WHAT THIS TASK INVOLVES: Exactly as they appear below, repeat the lines from the one with "console_count 80 25)" through the one with "(move_csr d).ports", and no others.

DATA RECORDS:
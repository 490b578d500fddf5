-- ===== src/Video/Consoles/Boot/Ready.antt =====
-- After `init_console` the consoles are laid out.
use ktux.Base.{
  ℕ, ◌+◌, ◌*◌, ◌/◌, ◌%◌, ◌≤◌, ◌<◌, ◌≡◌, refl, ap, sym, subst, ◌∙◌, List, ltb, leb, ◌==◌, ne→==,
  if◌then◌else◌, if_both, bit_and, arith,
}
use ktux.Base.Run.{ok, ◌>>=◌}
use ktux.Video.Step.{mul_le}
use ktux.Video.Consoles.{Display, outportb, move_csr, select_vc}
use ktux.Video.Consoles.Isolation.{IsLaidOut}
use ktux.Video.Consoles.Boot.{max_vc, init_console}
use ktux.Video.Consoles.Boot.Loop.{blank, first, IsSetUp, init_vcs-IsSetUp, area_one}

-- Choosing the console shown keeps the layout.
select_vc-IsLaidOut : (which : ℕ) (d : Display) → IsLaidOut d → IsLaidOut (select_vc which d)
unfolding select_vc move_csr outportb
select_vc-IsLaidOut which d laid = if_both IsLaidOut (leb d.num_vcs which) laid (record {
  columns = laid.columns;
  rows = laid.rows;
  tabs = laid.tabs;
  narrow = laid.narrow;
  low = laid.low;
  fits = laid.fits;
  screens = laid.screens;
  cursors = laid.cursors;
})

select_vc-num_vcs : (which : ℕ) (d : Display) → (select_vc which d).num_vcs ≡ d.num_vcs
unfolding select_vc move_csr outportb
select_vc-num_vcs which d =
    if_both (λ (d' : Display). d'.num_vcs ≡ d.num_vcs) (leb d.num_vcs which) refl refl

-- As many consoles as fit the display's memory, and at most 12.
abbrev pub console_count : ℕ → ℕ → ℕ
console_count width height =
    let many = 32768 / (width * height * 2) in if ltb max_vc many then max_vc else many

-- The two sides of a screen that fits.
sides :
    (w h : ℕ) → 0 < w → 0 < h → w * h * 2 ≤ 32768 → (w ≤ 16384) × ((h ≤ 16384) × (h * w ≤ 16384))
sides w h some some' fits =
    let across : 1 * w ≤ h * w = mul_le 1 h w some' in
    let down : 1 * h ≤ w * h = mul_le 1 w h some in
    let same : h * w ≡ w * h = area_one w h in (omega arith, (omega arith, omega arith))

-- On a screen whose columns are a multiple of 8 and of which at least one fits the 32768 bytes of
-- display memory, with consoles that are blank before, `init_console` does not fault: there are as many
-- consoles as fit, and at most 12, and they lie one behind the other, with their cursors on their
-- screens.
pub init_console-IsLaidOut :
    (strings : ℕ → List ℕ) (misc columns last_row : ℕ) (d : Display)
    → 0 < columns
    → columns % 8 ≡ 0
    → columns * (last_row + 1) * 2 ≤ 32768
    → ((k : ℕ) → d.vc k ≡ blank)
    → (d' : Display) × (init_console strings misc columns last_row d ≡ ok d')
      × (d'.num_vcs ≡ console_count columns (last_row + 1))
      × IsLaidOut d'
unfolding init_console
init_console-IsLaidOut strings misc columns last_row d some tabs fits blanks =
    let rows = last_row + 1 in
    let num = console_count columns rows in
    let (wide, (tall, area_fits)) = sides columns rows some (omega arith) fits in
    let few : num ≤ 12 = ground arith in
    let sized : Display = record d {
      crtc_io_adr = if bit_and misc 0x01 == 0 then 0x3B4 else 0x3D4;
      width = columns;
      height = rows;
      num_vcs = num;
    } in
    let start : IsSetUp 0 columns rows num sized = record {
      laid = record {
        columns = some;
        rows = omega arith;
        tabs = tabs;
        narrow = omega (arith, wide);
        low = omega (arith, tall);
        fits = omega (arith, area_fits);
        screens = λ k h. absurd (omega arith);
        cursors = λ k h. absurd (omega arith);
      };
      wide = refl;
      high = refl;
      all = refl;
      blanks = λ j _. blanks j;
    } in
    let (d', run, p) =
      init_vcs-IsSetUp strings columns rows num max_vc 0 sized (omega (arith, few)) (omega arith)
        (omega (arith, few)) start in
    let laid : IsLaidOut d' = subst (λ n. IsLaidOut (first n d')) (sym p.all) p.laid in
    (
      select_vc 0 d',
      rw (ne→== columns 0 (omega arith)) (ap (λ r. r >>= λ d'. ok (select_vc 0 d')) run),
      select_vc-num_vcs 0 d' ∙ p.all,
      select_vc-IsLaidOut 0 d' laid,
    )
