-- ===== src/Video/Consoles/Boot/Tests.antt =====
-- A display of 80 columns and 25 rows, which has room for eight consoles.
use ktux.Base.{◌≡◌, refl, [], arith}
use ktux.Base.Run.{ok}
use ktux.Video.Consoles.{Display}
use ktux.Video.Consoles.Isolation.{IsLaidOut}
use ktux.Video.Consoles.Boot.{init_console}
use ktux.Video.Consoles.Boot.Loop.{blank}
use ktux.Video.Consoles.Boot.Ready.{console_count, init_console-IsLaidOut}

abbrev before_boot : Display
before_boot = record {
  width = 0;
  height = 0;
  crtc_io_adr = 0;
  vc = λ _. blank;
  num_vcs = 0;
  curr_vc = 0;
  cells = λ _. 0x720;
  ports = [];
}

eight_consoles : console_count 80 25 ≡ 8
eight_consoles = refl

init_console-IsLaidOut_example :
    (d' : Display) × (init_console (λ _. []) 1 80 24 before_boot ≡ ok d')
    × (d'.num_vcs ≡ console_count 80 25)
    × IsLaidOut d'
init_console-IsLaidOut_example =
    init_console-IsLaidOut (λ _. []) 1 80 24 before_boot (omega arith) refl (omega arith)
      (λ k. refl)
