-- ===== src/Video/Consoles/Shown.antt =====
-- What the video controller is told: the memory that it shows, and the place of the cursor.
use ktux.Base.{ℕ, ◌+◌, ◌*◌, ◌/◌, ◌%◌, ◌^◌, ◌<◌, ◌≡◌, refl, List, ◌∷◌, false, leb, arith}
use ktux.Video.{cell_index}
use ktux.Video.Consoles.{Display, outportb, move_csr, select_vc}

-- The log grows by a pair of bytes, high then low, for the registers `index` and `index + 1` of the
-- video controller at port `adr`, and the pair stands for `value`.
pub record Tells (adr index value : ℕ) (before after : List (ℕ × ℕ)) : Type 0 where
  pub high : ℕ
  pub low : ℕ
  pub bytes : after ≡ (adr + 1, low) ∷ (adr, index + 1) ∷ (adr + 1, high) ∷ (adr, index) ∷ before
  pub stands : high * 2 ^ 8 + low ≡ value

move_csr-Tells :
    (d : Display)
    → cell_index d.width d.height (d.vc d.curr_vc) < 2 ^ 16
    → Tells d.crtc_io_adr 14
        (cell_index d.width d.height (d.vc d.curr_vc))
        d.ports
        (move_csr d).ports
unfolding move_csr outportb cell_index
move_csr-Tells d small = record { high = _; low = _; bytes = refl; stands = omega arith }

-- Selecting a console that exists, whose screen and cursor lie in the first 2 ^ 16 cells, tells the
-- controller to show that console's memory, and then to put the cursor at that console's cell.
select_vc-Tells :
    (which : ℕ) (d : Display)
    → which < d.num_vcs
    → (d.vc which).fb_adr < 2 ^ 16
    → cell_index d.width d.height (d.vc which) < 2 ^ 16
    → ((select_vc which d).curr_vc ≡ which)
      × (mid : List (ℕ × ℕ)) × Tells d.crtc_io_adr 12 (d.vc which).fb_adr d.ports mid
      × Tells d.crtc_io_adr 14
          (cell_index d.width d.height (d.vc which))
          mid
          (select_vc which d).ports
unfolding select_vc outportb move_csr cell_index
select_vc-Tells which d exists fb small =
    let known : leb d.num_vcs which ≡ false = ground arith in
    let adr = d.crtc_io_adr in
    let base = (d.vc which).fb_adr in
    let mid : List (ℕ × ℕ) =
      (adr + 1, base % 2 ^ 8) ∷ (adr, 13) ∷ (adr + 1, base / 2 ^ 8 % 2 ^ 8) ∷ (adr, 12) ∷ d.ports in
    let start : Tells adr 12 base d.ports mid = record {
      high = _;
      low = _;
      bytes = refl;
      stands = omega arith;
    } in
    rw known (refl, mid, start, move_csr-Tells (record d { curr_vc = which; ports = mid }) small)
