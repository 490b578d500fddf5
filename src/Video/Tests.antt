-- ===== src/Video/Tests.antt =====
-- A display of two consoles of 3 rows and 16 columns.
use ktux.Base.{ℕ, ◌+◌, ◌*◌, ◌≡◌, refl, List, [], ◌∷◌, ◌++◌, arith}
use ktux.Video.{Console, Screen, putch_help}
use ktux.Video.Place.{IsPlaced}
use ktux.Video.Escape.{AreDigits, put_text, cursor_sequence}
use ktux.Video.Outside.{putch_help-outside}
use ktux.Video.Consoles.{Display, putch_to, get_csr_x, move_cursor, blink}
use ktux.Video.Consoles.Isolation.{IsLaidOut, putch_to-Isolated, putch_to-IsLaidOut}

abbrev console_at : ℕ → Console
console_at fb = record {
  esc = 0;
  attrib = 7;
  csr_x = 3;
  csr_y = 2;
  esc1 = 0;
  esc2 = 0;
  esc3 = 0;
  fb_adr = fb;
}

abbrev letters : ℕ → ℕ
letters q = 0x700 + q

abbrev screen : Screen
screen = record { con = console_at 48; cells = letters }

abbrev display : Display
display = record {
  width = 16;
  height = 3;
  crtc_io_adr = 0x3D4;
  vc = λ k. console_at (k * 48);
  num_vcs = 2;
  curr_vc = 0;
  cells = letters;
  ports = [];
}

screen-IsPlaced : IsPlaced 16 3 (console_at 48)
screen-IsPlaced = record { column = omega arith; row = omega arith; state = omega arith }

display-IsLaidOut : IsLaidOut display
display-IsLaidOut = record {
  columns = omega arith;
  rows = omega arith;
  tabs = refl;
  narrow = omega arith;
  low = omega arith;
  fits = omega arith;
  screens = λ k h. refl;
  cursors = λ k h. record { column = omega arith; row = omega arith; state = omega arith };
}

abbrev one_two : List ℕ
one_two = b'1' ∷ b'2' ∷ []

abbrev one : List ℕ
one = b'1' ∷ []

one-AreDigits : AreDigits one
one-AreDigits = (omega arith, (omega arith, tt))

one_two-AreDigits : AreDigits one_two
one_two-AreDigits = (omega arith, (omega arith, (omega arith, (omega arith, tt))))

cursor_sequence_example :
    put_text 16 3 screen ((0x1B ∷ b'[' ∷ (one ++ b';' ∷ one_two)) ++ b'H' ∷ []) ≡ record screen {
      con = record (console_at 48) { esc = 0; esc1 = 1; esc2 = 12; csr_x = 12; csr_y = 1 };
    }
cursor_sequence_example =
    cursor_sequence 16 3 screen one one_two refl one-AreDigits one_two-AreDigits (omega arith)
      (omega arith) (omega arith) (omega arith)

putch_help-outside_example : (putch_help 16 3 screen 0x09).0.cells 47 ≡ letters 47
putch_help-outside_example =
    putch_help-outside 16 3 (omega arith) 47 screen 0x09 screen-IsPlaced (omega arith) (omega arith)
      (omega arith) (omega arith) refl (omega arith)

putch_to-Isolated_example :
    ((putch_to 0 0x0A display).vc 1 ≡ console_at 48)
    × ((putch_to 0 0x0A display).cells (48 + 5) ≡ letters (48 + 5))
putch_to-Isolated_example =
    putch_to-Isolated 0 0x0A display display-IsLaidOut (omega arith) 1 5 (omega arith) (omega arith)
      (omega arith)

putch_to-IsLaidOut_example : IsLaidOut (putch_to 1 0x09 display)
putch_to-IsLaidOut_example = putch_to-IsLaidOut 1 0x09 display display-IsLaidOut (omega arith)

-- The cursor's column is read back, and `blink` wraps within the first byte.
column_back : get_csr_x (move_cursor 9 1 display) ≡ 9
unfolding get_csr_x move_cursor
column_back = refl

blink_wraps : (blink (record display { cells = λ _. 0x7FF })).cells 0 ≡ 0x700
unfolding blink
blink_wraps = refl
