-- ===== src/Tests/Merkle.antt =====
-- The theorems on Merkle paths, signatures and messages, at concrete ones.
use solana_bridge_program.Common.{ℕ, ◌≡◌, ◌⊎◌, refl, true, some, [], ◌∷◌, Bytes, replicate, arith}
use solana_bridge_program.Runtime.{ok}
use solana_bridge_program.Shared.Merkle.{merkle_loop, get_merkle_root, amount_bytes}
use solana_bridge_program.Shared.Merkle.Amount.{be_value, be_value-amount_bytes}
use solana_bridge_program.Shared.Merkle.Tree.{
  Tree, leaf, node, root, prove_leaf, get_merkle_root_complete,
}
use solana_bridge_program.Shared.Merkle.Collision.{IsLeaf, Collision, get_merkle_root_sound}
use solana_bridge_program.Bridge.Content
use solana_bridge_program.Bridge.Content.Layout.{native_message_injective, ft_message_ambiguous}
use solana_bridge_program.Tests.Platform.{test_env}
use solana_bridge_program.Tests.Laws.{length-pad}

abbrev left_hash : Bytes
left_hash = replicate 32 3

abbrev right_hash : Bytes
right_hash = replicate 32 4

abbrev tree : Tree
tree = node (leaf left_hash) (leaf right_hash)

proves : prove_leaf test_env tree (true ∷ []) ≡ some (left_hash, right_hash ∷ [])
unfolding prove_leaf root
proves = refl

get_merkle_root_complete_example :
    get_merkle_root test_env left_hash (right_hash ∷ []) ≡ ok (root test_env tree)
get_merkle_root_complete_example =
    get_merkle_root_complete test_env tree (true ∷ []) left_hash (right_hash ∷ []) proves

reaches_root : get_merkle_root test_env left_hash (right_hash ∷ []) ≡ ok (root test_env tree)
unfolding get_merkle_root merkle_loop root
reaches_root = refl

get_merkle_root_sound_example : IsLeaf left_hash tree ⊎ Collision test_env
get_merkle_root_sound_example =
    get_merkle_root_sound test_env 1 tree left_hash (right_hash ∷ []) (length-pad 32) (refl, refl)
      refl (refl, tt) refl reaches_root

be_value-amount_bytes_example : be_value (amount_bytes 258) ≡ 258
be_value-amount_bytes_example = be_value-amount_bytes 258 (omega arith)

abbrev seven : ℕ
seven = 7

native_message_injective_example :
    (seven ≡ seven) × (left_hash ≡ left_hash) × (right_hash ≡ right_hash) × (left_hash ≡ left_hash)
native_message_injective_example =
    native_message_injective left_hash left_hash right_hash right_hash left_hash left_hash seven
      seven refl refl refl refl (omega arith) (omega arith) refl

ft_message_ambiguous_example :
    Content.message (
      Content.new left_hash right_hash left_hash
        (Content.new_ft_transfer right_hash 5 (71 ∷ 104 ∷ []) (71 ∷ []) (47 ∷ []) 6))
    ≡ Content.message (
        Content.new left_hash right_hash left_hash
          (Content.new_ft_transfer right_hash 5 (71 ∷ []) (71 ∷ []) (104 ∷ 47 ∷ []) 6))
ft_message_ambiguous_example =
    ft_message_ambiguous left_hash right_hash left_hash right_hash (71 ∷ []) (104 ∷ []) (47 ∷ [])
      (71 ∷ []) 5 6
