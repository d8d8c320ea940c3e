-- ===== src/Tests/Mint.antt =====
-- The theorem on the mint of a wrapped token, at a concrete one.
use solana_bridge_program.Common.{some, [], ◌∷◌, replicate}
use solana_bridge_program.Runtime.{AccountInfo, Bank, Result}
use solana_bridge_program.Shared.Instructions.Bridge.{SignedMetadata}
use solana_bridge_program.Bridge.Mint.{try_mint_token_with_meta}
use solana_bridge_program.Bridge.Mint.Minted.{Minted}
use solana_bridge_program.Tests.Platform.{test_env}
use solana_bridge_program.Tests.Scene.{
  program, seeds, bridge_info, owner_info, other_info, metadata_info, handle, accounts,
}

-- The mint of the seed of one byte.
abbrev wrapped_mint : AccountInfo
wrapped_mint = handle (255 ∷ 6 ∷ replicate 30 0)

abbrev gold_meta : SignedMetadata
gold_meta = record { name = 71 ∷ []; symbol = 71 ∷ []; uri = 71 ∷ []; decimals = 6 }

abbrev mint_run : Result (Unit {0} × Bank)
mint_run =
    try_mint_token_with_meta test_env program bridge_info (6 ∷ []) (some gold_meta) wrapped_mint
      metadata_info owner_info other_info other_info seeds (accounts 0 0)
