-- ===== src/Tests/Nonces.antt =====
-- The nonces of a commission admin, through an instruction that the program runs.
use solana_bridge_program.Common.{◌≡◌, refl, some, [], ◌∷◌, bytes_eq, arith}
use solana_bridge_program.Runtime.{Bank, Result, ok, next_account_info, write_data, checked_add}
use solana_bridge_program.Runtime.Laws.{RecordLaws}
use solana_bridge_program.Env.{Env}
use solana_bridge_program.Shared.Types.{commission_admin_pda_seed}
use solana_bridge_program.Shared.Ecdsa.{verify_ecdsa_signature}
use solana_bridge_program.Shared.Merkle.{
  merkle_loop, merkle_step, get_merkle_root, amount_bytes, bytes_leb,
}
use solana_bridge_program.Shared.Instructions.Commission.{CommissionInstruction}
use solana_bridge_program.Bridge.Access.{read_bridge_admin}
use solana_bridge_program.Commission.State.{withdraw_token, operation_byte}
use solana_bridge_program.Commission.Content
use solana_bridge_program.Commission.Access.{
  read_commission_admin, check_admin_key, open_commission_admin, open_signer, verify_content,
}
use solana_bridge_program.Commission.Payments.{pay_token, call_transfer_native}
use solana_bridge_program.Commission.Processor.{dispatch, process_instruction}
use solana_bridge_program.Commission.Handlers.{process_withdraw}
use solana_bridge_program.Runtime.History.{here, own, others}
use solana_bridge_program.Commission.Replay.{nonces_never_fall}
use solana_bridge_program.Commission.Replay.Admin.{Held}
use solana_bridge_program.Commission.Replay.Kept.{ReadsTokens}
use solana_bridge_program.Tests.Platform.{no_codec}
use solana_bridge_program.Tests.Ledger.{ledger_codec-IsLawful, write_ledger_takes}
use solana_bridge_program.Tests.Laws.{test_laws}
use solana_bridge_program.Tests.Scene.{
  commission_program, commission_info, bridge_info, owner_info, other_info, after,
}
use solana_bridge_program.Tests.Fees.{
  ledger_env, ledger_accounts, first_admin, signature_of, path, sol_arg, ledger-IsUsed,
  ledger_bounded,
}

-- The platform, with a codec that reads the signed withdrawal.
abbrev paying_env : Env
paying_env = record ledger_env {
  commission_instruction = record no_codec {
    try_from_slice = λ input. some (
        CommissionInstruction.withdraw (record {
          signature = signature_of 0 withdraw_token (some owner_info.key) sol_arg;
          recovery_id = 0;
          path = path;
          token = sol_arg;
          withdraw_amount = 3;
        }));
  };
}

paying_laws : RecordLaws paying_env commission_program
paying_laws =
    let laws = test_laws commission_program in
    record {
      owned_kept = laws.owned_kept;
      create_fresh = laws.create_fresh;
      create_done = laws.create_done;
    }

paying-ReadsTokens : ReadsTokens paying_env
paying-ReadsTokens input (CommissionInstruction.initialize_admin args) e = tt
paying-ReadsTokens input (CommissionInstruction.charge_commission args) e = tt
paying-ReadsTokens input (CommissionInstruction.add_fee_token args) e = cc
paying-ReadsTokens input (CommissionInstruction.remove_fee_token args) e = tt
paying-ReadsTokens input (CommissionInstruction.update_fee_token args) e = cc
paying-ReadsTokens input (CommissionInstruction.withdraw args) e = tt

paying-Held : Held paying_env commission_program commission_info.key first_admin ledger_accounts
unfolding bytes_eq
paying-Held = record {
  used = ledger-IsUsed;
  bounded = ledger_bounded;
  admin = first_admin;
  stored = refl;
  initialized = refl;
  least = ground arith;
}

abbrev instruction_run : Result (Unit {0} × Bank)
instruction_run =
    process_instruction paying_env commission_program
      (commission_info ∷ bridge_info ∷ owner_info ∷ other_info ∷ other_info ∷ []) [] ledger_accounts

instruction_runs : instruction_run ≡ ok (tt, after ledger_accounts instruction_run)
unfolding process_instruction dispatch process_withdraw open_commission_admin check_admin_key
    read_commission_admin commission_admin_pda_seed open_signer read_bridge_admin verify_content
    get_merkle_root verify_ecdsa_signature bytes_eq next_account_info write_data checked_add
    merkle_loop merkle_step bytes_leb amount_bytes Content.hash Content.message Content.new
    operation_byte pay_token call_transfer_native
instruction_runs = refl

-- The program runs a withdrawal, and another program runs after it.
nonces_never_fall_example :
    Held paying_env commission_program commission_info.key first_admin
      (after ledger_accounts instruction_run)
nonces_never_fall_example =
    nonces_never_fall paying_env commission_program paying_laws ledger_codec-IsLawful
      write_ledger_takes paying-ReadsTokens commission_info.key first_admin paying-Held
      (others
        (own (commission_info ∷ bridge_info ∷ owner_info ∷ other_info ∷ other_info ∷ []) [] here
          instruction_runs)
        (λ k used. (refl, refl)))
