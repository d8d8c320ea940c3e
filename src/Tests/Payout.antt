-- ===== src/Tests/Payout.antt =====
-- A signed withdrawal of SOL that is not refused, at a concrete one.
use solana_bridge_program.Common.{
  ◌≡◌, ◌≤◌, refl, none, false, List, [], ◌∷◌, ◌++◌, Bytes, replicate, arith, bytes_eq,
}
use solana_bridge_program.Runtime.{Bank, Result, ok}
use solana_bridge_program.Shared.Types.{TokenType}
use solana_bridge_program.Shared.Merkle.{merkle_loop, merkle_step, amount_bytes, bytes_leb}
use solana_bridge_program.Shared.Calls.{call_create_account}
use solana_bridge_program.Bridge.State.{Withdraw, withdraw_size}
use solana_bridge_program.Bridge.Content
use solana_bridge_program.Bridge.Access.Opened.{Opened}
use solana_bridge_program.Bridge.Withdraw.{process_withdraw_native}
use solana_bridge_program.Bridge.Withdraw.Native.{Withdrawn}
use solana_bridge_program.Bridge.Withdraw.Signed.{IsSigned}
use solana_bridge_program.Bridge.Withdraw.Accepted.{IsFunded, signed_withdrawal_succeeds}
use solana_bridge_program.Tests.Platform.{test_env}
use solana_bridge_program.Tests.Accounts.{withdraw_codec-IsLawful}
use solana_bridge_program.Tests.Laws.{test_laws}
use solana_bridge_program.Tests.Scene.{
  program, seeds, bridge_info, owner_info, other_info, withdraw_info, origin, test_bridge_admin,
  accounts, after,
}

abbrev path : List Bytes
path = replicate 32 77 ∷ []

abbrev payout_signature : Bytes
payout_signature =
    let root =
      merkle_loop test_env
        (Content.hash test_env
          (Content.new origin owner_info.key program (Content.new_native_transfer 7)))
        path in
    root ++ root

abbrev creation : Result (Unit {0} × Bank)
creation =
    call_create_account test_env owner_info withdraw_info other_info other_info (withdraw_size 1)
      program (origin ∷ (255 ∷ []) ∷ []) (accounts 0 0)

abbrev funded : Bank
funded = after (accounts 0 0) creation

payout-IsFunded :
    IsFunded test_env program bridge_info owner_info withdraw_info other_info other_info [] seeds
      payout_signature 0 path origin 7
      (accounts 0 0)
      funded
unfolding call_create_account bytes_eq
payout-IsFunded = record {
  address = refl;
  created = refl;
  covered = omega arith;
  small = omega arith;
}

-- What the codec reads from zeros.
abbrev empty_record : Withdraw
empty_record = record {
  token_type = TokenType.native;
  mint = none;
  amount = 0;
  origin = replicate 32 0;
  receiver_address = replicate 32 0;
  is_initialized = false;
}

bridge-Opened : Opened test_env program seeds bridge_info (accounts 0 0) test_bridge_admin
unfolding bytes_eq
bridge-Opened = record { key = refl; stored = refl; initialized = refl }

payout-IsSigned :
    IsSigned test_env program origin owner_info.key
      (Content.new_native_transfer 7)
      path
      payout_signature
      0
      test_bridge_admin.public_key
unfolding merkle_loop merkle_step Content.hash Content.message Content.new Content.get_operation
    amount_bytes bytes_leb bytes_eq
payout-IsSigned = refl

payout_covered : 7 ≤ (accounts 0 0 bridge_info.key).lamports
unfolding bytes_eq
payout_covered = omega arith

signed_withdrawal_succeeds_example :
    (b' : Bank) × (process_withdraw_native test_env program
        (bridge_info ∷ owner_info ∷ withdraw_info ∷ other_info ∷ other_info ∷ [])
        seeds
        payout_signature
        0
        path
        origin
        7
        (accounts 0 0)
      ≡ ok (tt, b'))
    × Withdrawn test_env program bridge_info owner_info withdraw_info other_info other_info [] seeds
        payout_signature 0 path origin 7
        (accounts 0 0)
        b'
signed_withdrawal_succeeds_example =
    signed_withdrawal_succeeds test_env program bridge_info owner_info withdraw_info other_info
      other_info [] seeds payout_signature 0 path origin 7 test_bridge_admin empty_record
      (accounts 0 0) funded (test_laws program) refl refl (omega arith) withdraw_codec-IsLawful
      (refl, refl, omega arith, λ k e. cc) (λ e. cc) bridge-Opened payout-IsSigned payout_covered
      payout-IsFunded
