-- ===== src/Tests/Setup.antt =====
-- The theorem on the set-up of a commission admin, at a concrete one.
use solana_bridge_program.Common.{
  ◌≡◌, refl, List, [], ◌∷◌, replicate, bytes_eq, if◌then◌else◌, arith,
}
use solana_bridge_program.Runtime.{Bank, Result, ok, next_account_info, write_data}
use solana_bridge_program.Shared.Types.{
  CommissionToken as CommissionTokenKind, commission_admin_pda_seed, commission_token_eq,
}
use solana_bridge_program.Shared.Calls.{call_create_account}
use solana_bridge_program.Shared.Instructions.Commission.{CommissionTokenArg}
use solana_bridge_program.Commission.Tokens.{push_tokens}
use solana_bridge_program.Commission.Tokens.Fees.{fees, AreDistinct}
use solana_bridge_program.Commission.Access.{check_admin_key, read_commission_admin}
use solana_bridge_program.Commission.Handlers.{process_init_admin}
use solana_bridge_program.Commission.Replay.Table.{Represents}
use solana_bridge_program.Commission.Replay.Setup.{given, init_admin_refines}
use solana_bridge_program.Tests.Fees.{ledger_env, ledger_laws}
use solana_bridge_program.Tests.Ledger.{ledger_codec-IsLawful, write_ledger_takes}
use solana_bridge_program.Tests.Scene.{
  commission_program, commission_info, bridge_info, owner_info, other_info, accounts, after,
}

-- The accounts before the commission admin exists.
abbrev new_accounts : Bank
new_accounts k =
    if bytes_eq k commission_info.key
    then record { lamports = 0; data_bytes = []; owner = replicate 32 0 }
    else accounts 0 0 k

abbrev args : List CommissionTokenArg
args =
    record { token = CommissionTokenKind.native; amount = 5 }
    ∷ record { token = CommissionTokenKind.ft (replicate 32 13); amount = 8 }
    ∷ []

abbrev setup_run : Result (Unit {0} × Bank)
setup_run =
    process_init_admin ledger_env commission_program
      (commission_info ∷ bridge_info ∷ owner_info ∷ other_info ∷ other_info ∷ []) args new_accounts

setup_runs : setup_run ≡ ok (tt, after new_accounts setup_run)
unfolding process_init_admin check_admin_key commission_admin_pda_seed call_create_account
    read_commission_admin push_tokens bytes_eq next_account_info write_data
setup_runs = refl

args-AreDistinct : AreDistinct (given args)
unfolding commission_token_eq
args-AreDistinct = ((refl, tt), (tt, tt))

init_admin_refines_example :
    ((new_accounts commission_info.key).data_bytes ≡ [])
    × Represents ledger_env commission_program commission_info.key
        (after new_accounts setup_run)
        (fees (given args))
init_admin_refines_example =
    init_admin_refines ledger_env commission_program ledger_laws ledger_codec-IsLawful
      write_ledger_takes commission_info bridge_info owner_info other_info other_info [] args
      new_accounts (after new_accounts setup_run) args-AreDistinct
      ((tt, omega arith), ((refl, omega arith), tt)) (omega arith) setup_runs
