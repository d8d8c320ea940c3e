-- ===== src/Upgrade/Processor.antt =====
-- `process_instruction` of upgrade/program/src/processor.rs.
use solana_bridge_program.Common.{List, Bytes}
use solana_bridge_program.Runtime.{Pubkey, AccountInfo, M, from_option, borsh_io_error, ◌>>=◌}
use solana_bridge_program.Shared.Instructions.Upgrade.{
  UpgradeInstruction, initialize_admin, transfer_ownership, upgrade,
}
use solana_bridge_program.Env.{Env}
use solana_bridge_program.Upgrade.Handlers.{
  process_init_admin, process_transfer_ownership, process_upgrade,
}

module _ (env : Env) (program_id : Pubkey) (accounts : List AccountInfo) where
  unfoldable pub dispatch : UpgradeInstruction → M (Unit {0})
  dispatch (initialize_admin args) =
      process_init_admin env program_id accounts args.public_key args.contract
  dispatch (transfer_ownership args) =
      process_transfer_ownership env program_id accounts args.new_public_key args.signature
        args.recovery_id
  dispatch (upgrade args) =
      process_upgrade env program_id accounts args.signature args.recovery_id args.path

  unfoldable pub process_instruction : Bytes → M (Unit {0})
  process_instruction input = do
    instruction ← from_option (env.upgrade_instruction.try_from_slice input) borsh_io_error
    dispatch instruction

TASK ANSWER:
    × (d'.num_vcs ≡ console_count 80 25)
    × IsLaidOut d'
init_console-IsLaidOut_example =
    init_console-IsLaidOut (λ _. []) 1 80 24 before_boot (omega arith) refl (omega arith)
      (λ k. refl)
-- ===== src/Video/Consoles/Shown.antt =====
-- What the video controller is told: the memory that it shows, and the place of the cursor.
use ktux.Base.{ℕ, ◌+◌, ◌*◌, ◌/◌, ◌%◌, ◌^◌, ◌<◌, ◌≡◌, refl, List, ◌∷◌, false, leb, arith}
use ktux.Video.{cell_index}
use ktux.Video.Consoles.{Display, outportb, move_csr, select_vc}

-- The log grows by a pair of bytes, high then low, for the registers `index` and `index + 1` of the
-- video controller at port `adr`, and the pair stands for `value`.
pub record Tells (adr index value : ℕ) (before after : List (ℕ × ℕ)) : Type 0 where
  pub high : ℕ
  pub low : ℕ
  pub bytes : after ≡ (adr + 1, low) ∷ (adr, index + 1) ∷ (adr + 1, high) ∷ (adr, index) ∷ before
  pub stands : high * 2 ^ 8 + low ≡ value

move_csr-Tells :
    (d : Display)
    → cell_index d.width d.height (d.vc d.curr_vc) < 2 ^ 16
    → Tells d.crtc_io_adr 14
        (cell_index d.width d.height (d.vc d.curr_vc))
        d.ports
        (move_csr d).ports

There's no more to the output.